Success of the evolutionary algorithms depends on the balance between generation of new solutions in untested regions (exploration) and concentration in the vicinity of the current good solution (exploitation) [4]. The proposed BMO-DE method provides a good balance between the exploration and exploitation parameters, which enable the algorithm to avoid local optima and achieve better performance in comparison with other algorithms.

The main limitation of the proposed segmentation method is its sensitivity to noise and intensity inhomogeneity. In these cases, the fitness function should be improved to use local information derived from neighboring pixels.

6 Conclusion

For image segmentation, the optimal thresholds in bi-level/multilevel thresholding methods can be obtained by maximizing an objective function based on some criteria such as the Otsu’ criterion or Kapur’s entropy, which tries to maximize the between-class variance and the posterior entropy, respectively. These methods achieve good performances for bi-level thresholding. However, by increasing the number of thresholds in multilevel thresholding, the computational complexity is increased and the segmentation accuracy might be affected be getting trapped in local extrema. Thus, a practical solution to overcome these weaknesses is to combine evolutionary methods with multilevel thresholding algorithms. In this paper, we presented a hybrid multilevel thresholding method based on the combined BMO and DE algorithms.
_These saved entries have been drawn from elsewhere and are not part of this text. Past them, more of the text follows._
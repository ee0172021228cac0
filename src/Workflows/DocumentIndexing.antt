-- ===== src/Workflows/DocumentIndexing.antt =====
-- app/workflows/document_indexing.py: `DocumentIndexingWorkflow`. The ports, `str(UUID)`, `uuid5` and
-- `datetime.isoformat` are parameters.
pub mod Points
pub mod Found
use mathlib.Core.Option
use be25_fin_thanos_meetbowl.Prelude.{
  ℕ, zero, suc, ◌+◌, ◌-◌, ◌*◌, ◌/◌, ◌%◌, ◌^◌, ◌≤◌, ◌<◌, min, max, ◌≡◌, refl, sym, ap, ◌∙◌, ◌≢◌, ◌↔◌,
  ◌⊎◌, inl, inr, Bool, true, false, not, ◌&&◌, ◌||◌, Option, none, some, List, [], ◌∷◌, ◌++◌, map,
  append-nil, append_assoc, arith, ltb, leb, nat_beq, if◌then◌else◌, ltb→lt, lt→ltb, leb→le, le→leb,
  not-ltb→le, not-leb→lt, nat_beq_iff, tests, Bool-cases, Option-cases, is_none, Bool-ext, Eq, ◌==◌,
  nat_eq, list_eq, option_eq, pair_eq, contains, Distinct, beq_refl, beq_sound, beq_comm,
  contains-append, Distinct-snoc, list_beq_iff, length, get_elem?, set, take, drop, null, select,
  all, All, length-append, length-take, length-drop, take-append-drop, length-select-le, All-append,
  All-take, length-map,
}
use be25_fin_thanos_meetbowl.Text.{Text, codes, strip, decimal, is_infix, join, split_on}
use be25_fin_thanos_meetbowl.Errors.{
  Raises, returned, raised, ai, ai_error, at_stage, ◌>>=◌, AiError,
}
use be25_fin_thanos_meetbowl.Schemas.{Uuid, Moment}
use be25_fin_thanos_meetbowl.Schemas.Indexing.{
  AccessScope, is_empty, DocumentMetadata, IndexDocumentCommand, DocumentChunk,
  DocumentIndexingResult,
}
use be25_fin_thanos_meetbowl.Pipelines.Chunking.{split_document_into_chunks}

-- The payload of a point, a field per key.
pub record Payload : Type 0 where
  pub source_type : Text
  pub source_id : Text
  pub chunk_index : ℕ
  pub chunk_strategy_version : Text
  pub title : Text
  pub content : Text
  pub organization_id : Option Text
  pub owner_user_id : Text
  pub allowed_user_ids : List Text
  pub allowed_department_ids : List Text
  pub shared_workspace_ids : List Text
  pub metadata : DocumentMetadata
  pub created_at : Text

pub record VectorPoint (Vector : Type 0) : Type 0 where
  pub point_id : Text
  pub vector : Vector
  pub payload : Payload

pub record EmbeddingResult (Vector : Type 0) : Type 0 where
  pub embeddings : List Vector
  pub dimensions : ℕ
  pub model_name : Text

-- A request to replace a document, with the points that are written.
pub record ReplaceRequest (Vector : Type 0) : Type 0 where
  pub document_id : Text
  pub vector_size : ℕ
  pub points : List (VectorPoint Vector)

-- What the workflow is built with, `none` for a missing storage or extractor.
pub record Ports : Type 1 where
  pub Vector : Type 0
  pub Bytes : Type 0
  pub embed : List Text → Raises (EmbeddingResult Vector)
  pub replace_document : ReplaceRequest Vector → Raises (Unit {0})
  pub delete_document : Text → Raises (Unit {0})
  pub download : Option (Text → Raises Bytes)
  pub extract : Option (Bytes → Text → Text → Raises Text)
  pub chunk_size : ℕ
  pub chunk_overlap : ℕ
  pub chunk_strategy_version : Text
  pub uuid_text : Uuid → Text
  pub uuid5 : Text → Text
  pub isoformat : Moment → Text

unfoldable pub chat_source_type : Text → Text
chat_source_type document_type =
    if document_type == codes "MEETING_MINUTES" then codes "MINUTES" else document_type

-- `text.replace(old, new)`, by splitting at the old text.
abbrev pub replace_text : Text → Text → Text → Text
replace_text old new text = join new (split_on old text)

abbrev pub text_of_file : Option Text → Text
text_of_file none = []
text_of_file (some t) = t

abbrev not_configured : AiError
not_configured =
    ai_error (codes "AI_DOCUMENT_INDEX_FAILED") (codes "파일 색인을 위한 저장소/추출기가 구성되지 않았습니다.")

abbrev invalid_event : Text → AiError
invalid_event message = record (ai_error (codes "AI_INVALID_EVENT") message) { status_code = 400 }

abbrev access_denied : AiError
access_denied = record (ai_error (codes "AI_RAG_ACCESS_DENIED") (codes "색인 가능한 열람 범위가 비어 있습니다.")) {
  status_code = 403;
}

abbrev wrong_count : AiError
wrong_count =
    record (ai_error (codes "AI_DOCUMENT_INDEX_FAILED") (codes "임베딩 개수가 문서 chunk 개수와 일치하지 않습니다.")) {
      retryable = true;
      status_code = 503;
    }

module _ (ports : Ports) where
  open ports use {Vector, Bytes, embed, download, extract, uuid_text, uuid5, isoformat}

  unfoldable pub remove_document : Text → Raises (Unit {0})
  remove_document document_id = ports.delete_document document_id

  -- The text of a stored file.
  unfoldable pub file_text :
      IndexDocumentCommand
      → Text
      → Option (Text → Raises Bytes)
      → Option (Bytes → Text → Text → Raises Text)
      → Raises Text
  file_text command storage_key (some fetch) (some read) = do
    content ← at_stage (codes "s3_download") (fetch storage_key)
    text ←
        at_stage (codes "text_extraction")
          (read content (text_of_file command.metadata.content_type) command.title)
    returned (strip text)
  file_text command storage_key _ _ = raised (ai not_configured)

  unfoldable pub stored_text : IndexDocumentCommand → Option Text → Raises Text
  unfolding file_text
  stored_text command none = returned []
  stored_text command (some []) = returned []
  stored_text command (some (c ∷ cs)) = file_text command (c ∷ cs) download extract

  unfoldable pub resolve_content : IndexDocumentCommand → Raises Text
  unfolding stored_text
  resolve_content command =
      if null (strip (text_of_file command.content))
      then stored_text command command.metadata.storage_key
      else returned (strip (text_of_file command.content))

  unfoldable pub point_id : IndexDocumentCommand → DocumentChunk → Text
  point_id command chunk = uuid5 (
      uuid_text command.document_id
      ++ codes ":"
      ++ decimal chunk.chunk_index
      ++ codes ":"
      ++ ports.chunk_strategy_version)

  unfoldable pub payload_of : IndexDocumentCommand → DocumentChunk → Payload
  unfolding chat_source_type
  payload_of command chunk = record {
    source_type = chat_source_type command.document_type;
    source_id = uuid_text command.document_id;
    chunk_index = chunk.chunk_index;
    chunk_strategy_version = ports.chunk_strategy_version;
    title = command.title;
    content = chunk.content;
    organization_id = Option.map uuid_text command.organization_id;
    owner_user_id = uuid_text command.owner_user_id;
    allowed_user_ids = map uuid_text command.access_scope.user_ids;
    allowed_department_ids = map uuid_text command.access_scope.department_ids;
    shared_workspace_ids = map uuid_text command.access_scope.shared_workspace_ids;
    metadata = command.metadata;
    created_at = replace_text (codes "+00:00") (codes "Z") (isoformat command.created_at);
  }

  unfoldable pub point_of : IndexDocumentCommand → DocumentChunk → Vector → VectorPoint Vector
  unfolding point_id payload_of
  point_of command chunk vector = record {
    point_id = point_id command chunk;
    vector = vector;
    payload = payload_of command chunk;
  }

  -- The list over `zip(chunks, embeddings, strict=True)`, which is reached with lists of one length.
  unfoldable pub points_of :
      IndexDocumentCommand → List DocumentChunk → List Vector → List (VectorPoint Vector)
  unfolding point_of
  points_of command (chunk ∷ chunks) (vector ∷ vectors) =
      point_of command chunk vector ∷ points_of command chunks vectors
  points_of command _ _ = []

  -- From the embeddings on.
  unfoldable pub store_points :
      Moment
      → IndexDocumentCommand
      → List DocumentChunk
      → EmbeddingResult Vector
      → Raises DocumentIndexingResult
  unfolding points_of
  store_points now command chunks result =
      if nat_beq (length result.embeddings) (length chunks)
      then at_stage (codes "qdrant") (
          ports.replace_document (record {
            document_id = uuid_text command.document_id;
            vector_size = result.dimensions;
            points = points_of command chunks result.embeddings;
          }))
        >>= (λ _. returned (record {
          document_id = command.document_id;
          document_type = command.document_type;
          chunk_count = length chunks;
          embedding_model = result.model_name;
          indexed_at = now;
        }))
      else raised (ai wrong_count)

  unfoldable pub index_chunks :
      Moment → IndexDocumentCommand → List DocumentChunk → Raises DocumentIndexingResult
  unfolding store_points
  index_chunks now command [] = raised (ai (invalid_event (codes "색인할 문서 chunk를 만들 수 없습니다.")))
  index_chunks now command (chunk ∷ chunks) =
      at_stage (codes "embedding") (embed (map (λ c. c.embedding_text) (chunk ∷ chunks)))
      >>= store_points now command (chunk ∷ chunks)

  unfoldable pub index_content :
      Moment → IndexDocumentCommand → Text → Raises DocumentIndexingResult
  unfolding split_document_into_chunks index_chunks
  index_content now command content =
      if null content
      then raised (ai (invalid_event (codes "색인할 문서 본문이 비어 있습니다.")))
      else if is_empty command.access_scope
      then raised (ai access_denied)
      else split_document_into_chunks command.title content ports.chunk_size ports.chunk_overlap
        >>= index_chunks now command

  unfoldable pub execute : Moment → IndexDocumentCommand → Raises DocumentIndexingResult
  unfolding resolve_content index_content
  execute now command = resolve_content command >>= index_content now command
BMO employs distinct patterns to move through the search space without getting trapped in local extrema. It can explore the search space and generate new solutions while maintaining the population diversity. Although BMO presents promising solutions for optimization problems, it is still insufficient in terms of convergence speed and quality of solution [49]. In order to improve the quality of the BMO solution, we proposed an efficient hybrid algorithm, named BMO-DE, based on the BMO and DE algorithms. DE is easy to use, keeps a simple structure, holds acceptable convergence properties and can find the solution rapidly; however it may get trapped in local minima. By hybridization of BMO and DE, these shortcomings can be overcome. The performance of the proposed algorithm was evaluated on eight standard test images. Compared to the other well-known evolutionary algorithms including GA, PSO, BF and MBF, our algorithm achieved better results in terms of solution quality and stability. In future work, we will improve the objective function by integrating the spatial constraints and local information to further improve the accuracy of image segmentation using multilevel thresholding.